NVIDIA coloca à venda o seu pequeno supercomputador para IA

A nova proposta da NVIDIA concentra, num formato de secretária, um equipamento para desenvolvimento e validação de IA que combina computação de até um petaflop, 128 GB de memória unificada e a pilha de software da empresa.
17 de Outubro, 2025

Concebido para executar cargas de trabalho de IA nas mãos de programadores especializados nesta área, o DGX Spark é um potente computador de secretária num tamanho muito compacto, com hardware muito orientado para lidar com modelos de linguagem grande de forma eficiente e, daí, também o seu elevado preço, que ascende a 3.999 dólares.

A empresa apresenta este modelo como uma nova categoria de computador para lidar com cargas de trabalho de IA que excedem a capacidade dos PCs e estações de trabalho convencionais, ao mesmo tempo que procura aproximar estes projetos de ambientes locais sem a necessidade de recorrer sempre ao centro de dados ou à cloud.

No entanto, existem equipamentos informáticos que possuem hardware orientado para a execução de aplicações de IA, embora geralmente na periferia da rede (edge), para aplicações industriais e com menor potência, como os das empresas especializadas Cincoze ou Syslogic.

Em termos de arquitetura, o DGX Spark baseia-se no superchip Grace Blackwell GB10, que reúne CPU, GPU, rede e bibliotecas CUDA dentro da mesma plataforma.

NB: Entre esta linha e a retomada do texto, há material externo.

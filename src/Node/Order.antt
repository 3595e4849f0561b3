-- ===== src/Node/Order.antt =====
-- miniraft/net/server.cpp, TNode: messages are written in the order in which they were sent, and none
-- twice.
use miniraft_cpp.Prelude.{
  ◌≡◌, ◌<◌, length, arith, refl, ap, sym, subst, ◌∙◌, Bool, true, false, not, ◌&&◌, List, [], ◌∷◌,
  ◌++◌, if◌then◌else◌,
}
use miniraft_cpp.Prelude.Bytes.{append_assoc, append_nil}
use miniraft_cpp.Messages.{Message}
use miniraft_cpp.Node.{
  Node, send, connect, finish_connect, take_queue, drain, next_message, finish_write, fail_write,
  Step, sends, drains, connects, writes, fails, sent_by, Run, start, step,
}

-- `xs` is `ys` with some elements left out.
pub data Sublist : List Message → List Message → Type 0 where
  done : Sublist [] []
  keep : {xs ys : List Message} → (x : Message) → Sublist xs ys → Sublist (x ∷ xs) (x ∷ ys)
  skip : {xs ys : List Message} → (x : Message) → Sublist xs ys → Sublist xs (x ∷ ys)

Sublist_refl : (xs : List Message) → Sublist xs xs
Sublist_refl [] = done
Sublist_refl (x ∷ xs) = keep x (Sublist_refl xs)

Sublist_nil : (xs : List Message) → Sublist [] xs
Sublist_nil [] = done
Sublist_nil (x ∷ xs) = skip x (Sublist_nil xs)

Sublist-append :
    {xs ys us vs : List Message} → Sublist xs ys → Sublist us vs → Sublist (xs ++ us) (ys ++ vs)
Sublist-append done b = b
Sublist-append (keep x a) b = keep x (Sublist-append a b)
Sublist-append (skip x a) b = skip x (Sublist-append a b)

Sublist_trans : {xs ys zs : List Message} → Sublist xs ys → Sublist ys zs → Sublist xs zs
Sublist_trans a done = a
Sublist_trans (keep x a) (keep y b) = keep y (Sublist_trans a b)
Sublist_trans (skip x a) (keep y b) = skip y (Sublist_trans a b)
Sublist_trans a (skip x b) = skip x (Sublist_trans a b)

-- All that a node has: what is written, what is being written, what waits.
abbrev pub all_messages : Node → List Message
all_messages n = n.written ++ (n.sending ++ n.messages)

-- A node whose drainer is not running is not sending, and one whose drainer waits for a write is.
abbrev pub IsIdle : Node → Type 0
IsIdle n = (n.draining ≡ false → n.sending ≡ []) × (n.draining ≡ true → 0 < length n.sending)

-- What a step that keeps the node's order does.
record Keeps (n k : Node) (ms : List Message) : Type 0 where
  idle : IsIdle k
  order : Sublist (all_messages k) (all_messages n ++ ms)

same_order :
    (n k : Node) → all_messages k ≡ all_messages n → Sublist (all_messages k) (all_messages n ++ [])
same_order n k e =
    subst (λ l. Sublist (all_messages k) l) (e ∙ sym (append_nil (all_messages n)))
      (Sublist_refl (all_messages k))

-- Both branches of a test.
if-Keeps :
    (b : Bool) (n k l : Node) {ms : List Message}
    → (b ≡ true → Keeps n k ms)
    → (b ≡ false → Keeps n l ms)
    → Keeps n (if b then k else l) ms
if-Keeps true n k l x y = x refl
if-Keeps false n k l x y = y refl

stays : (n : Node) → IsIdle n → Keeps n n []
stays n idle = record { idle = idle; order = same_order n n refl }

connect-Keeps : (n : Node) → IsIdle n → Keeps n (connect n) []
unfolding connect
connect-Keeps n idle =
    if-Keeps (n.has_address && not n.connecting) n
      (record n { connected = false; connecting = true }) n
      (λ e. record { idle = idle; order = same_order n n refl }) (λ e. stays n idle)

take_queue-IsIdle : (q : List Message) (n : Node) → IsIdle (take_queue q n)
unfolding take_queue
take_queue-IsIdle [] n = (λ h. refl, λ h. absurd cc)
take_queue-IsIdle (m ∷ ms) n = (λ h. absurd cc, λ h. omega arith)

-- Taking the queue moves it into what is being written.
all_messages-take_queue :
    (q : List Message) (n : Node)
    → n.messages ≡ q
    → all_messages (take_queue q n) ≡ n.written ++ n.messages
unfolding take_queue
all_messages-take_queue [] n e = refl
all_messages-take_queue (m ∷ ms) n e = ap (λ l. n.written ++ l) (append_nil (m ∷ ms) ∙ sym e)

take_queue-Keeps : (n : Node) → n.sending ≡ [] → Keeps n (take_queue n.messages n) []
take_queue-Keeps n nothing = record {
  idle = take_queue-IsIdle n.messages n;
  order = same_order n (take_queue n.messages n) (
      all_messages-take_queue n.messages n refl
      ∙ ap (λ l. n.written ++ (l ++ n.messages)) (sym nothing));
}

drain-Keeps : (n : Node) → IsIdle n → Keeps n (drain n) []
unfolding drain
drain-Keeps n idle =
    if-Keeps n.connected n (if n.draining then n else take_queue n.messages n) (connect n)
      (λ up.
        if-Keeps n.draining n n (take_queue n.messages n) (λ busy. stays n idle)
          (λ free. take_queue-Keeps n (idle.0 free)))
      (λ down. connect-Keeps n idle)

-- What is written moves from the front of what is being written.
all_messages-finish_write :
    (s : List Message) (n : Node) → n.sending ≡ s → all_messages (finish_write s n) ≡ all_messages n
unfolding finish_write next_message
all_messages-finish_write [] n e = refl
all_messages-finish_write (m ∷ []) n e =
    all_messages-take_queue n.messages (record n { written = n.written ++ m ∷ [] }) refl
    ∙ append_assoc n.written (m ∷ []) n.messages
    ∙ ap (λ l. n.written ++ (l ++ n.messages)) (sym e)
all_messages-finish_write (m ∷ k ∷ ms) n e =
    append_assoc n.written (m ∷ []) (k ∷ ms ++ n.messages)
    ∙ ap (λ l. n.written ++ (l ++ n.messages)) (sym e)

finish_write-IsIdle :
    (s : List Message) (n : Node) → n.draining ≡ true → IsIdle n → IsIdle (finish_write s n)
unfolding finish_write next_message
finish_write-IsIdle [] n busy idle = idle
finish_write-IsIdle (m ∷ []) n busy idle =
    take_queue-IsIdle n.messages (record n { written = n.written ++ m ∷ [] })
finish_write-IsIdle (m ∷ k ∷ ms) n busy idle = (λ h. absurd cc, λ h. omega arith)

finish_write-Keeps :
    (n : Node) → n.draining ≡ true → IsIdle n → Keeps n (finish_write n.sending n) []
finish_write-Keeps n busy idle = record {
  idle = finish_write-IsIdle n.sending n busy idle;
  order = same_order n (finish_write n.sending n) (all_messages-finish_write n.sending n refl);
}

fail_write-Keeps : (n : Node) → Keeps n (fail_write n) []
unfolding fail_write
fail_write-Keeps n =
    let dropped : Node = record n { draining = false; sending = [] } in
    let next = connect-Keeps dropped (λ h. refl, λ h. absurd cc) in
    record {
      idle = next.idle;
      order = Sublist_trans next.order (
          Sublist-append
            (Sublist-append (Sublist_refl n.written)
              (Sublist-append (Sublist_nil n.sending) (Sublist_refl n.messages)))
            done);
    }

send-Keeps : (m : Message) (n : Node) → IsIdle n → Keeps n (send m n) (m ∷ [])
unfolding send
send-Keeps m n idle = record {
  idle = idle;
  order =
      subst (λ l. Sublist (n.written ++ (n.sending ++ (n.messages ++ m ∷ []))) l)
        (sym (
          append_assoc n.written (n.sending ++ n.messages) (m ∷ [])
          ∙ ap (λ l. n.written ++ l) (append_assoc n.sending n.messages (m ∷ []))))
        (Sublist_refl (n.written ++ (n.sending ++ (n.messages ++ m ∷ []))));
}

step-Keeps : (n k : Node) (s : Step n k) → IsIdle n → Keeps n k (sent_by s)
unfolding sent_by finish_connect
step-Keeps n k (sends m) idle = send-Keeps m n idle
step-Keeps n k drains idle = drain-Keeps n idle
step-Keeps n k (connects h) idle = record { idle = idle; order = same_order n n refl }
step-Keeps n k (writes h) idle = finish_write-Keeps n h idle
step-Keeps n k (fails h) idle = fail_write-Keeps n

Run-Keeps : (n k : Node) (ms : List Message) → Run n ms k → IsIdle n → Keeps n k ms
Run-Keeps n k ms start idle = stays n idle
Run-Keeps n k ms (step {k = j} {ms = js} r s) idle =
    let before = Run-Keeps n j js r idle in
    let after = step-Keeps j k s before.idle in
    record {
      idle = after.idle;
      order =
          subst (λ l. Sublist (all_messages k) l) (append_assoc (all_messages n) js (sent_by s))
            (Sublist_trans after.order (Sublist-append before.order (Sublist_refl (sent_by s))));
    }

-- A node at its start.
pub record IsFresh (n : Node) : Type 0 where
  pub none_written : n.written ≡ []
  pub none_sending : n.sending ≡ []
  pub none_waiting : n.messages ≡ []
  pub not_draining : n.draining ≡ false

IsFresh-IsIdle : (n : Node) → IsFresh n → IsIdle n
IsFresh-IsIdle n f = (λ h. f.none_sending, λ h. absurd (let e = f.not_draining in cc))

-- The drainer of a node waits for a write exactly when there is one, after any run.
pub Run-IsIdle : (n k : Node) (ms : List Message) → IsFresh n → Run n ms k → IsIdle k
Run-IsIdle n k ms f r = (Run-Keeps n k ms r (IsFresh-IsIdle n f)).idle

-- In a run of a node from its start, whatever the writes and the connections do, what has been
-- written, what is being written and what waits are messages that were sent, in the order in which
-- they were sent, each at most once.
pub written_in_order :
    (n k : Node) (ms : List Message)
    → IsFresh n
    → Run n ms k
    → Sublist (k.written ++ (k.sending ++ k.messages)) ms
written_in_order n k ms f r =
    subst (λ l. Sublist (all_messages k) (l ++ ms))
      (ap (λ l. l ++ (n.sending ++ n.messages)) f.none_written
        ∙ ap (λ l. l ++ n.messages) f.none_sending
        ∙ f.none_waiting)
      (Run-Keeps n k ms r (IsFresh-IsIdle n f)).order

A NVIDIA declara um desempenho de até um petaflop em IA e 128 GB de memória unificada com coerência CPU-GPU, o que permite que ambos os processadores partilhem o mesmo espaço de memória, evitando ter de fazer cópias de dados entre eles.

Esta abordagem, reforçada pelo NVLink-C2C (que a empresa coloca em cinco vezes a largura de banda do barramento PCIe de quinta geração) e pelo ConnectX-7 a 200 Gb/s, foi concebida para acelerar fluxos de trabalho que combinam treino leve, ajuste fino e inferência.

Imagem: Comparação entre o modelo atual e um de quase uma década atrás da mesma empresa 

De acordo com a NVIDIA, esta configuração permite executar, localmente, inferência com modelos de até 200 mil milhões de parâmetros e ajustar modelos de até 70 mil milhões.

A proposta não se limita ao hardware, uma vez que o DGX Spark vem com a pilha de software da NVIDIA pré-instalada para começar a trabalhar desde o primeiro momento. Entre os recursos citados pela empresa estão modelos, bibliotecas e microsserviços NVIDIA NIM, com exemplos de uso que incluem a personalização de modelos FLUX.1 da Black Forest Labs para melhorar a geração de imagens, a criação de agentes de pesquisa e resumo visual com o modelo de linguagem de visão Cosmos Reason, ou a implantação de um chatbot baseado em Qwen3 otimizado para este sistema.

O objetivo é facilitar às equipas de TI e aos programadores um ambiente de testes no qual validar pipelines de IA antes de escalar para produção e para uma infraestrutura maior.

O canal de distribuição mundial deste computador já está ativo desde a última quarta-feira, 15 de outubro, e pode ser adquirido através do NVIDIA.com, além de que outras marcas como Lenovo, Dell, MSI ou Acer também estão a lançar no mercado, por estas alturas, equipamentos equivalentes que têm a mesma finalidade e o mesmo público-alvo.

Nos Estados Unidos, além disso, este equipamento também poderá ser adquirido nas lojas físicas da cadeia Micro Center.

No seu lançamento comercial, a NVIDIA destaca que organizações como Anaconda, Cadence, ComfyUI, Docker, Google, Hugging Face, JetBrains, LM Studio, Meta, Microsoft, Ollama ou Roboflow estão a testar e a validar as suas ferramentas para este ambiente, e cita o NYU Global AI Frontier Lab como um dos centros de investigação que pré-visualizou o equipamento para impulsionar os seus desenvolvimentos. A empresa destaca que estes primeiros destinatários trabalham na otimização de modelos e software na plataforma para acelerar a sua adoção na comunidade de programadores.

Para as organizações, o interesse no DGX Spark reside em dispor de um ambiente local para prototipar, ajustar e validar cargas de IA com dados sensíveis ou com requisitos de latência rigorosos, mantendo a compatibilidade com o ecossistema de bibliotecas e serviços da NVIDIA. A memória unificada e a conectividade de alta velocidade visam reduzir os gargalos típicos em fluxos de pré-processamento, treinamento incremental e inferência intensiva, enquanto a pré-instalação da pilha de IA busca encurtar os prazos de implementação em laboratórios ou escritórios técnicos. A sua disponibilidade através de fabricantes do mercado profissional e do canal facilita a integração em políticas de aquisição empresarial e contratos-quadro existentes.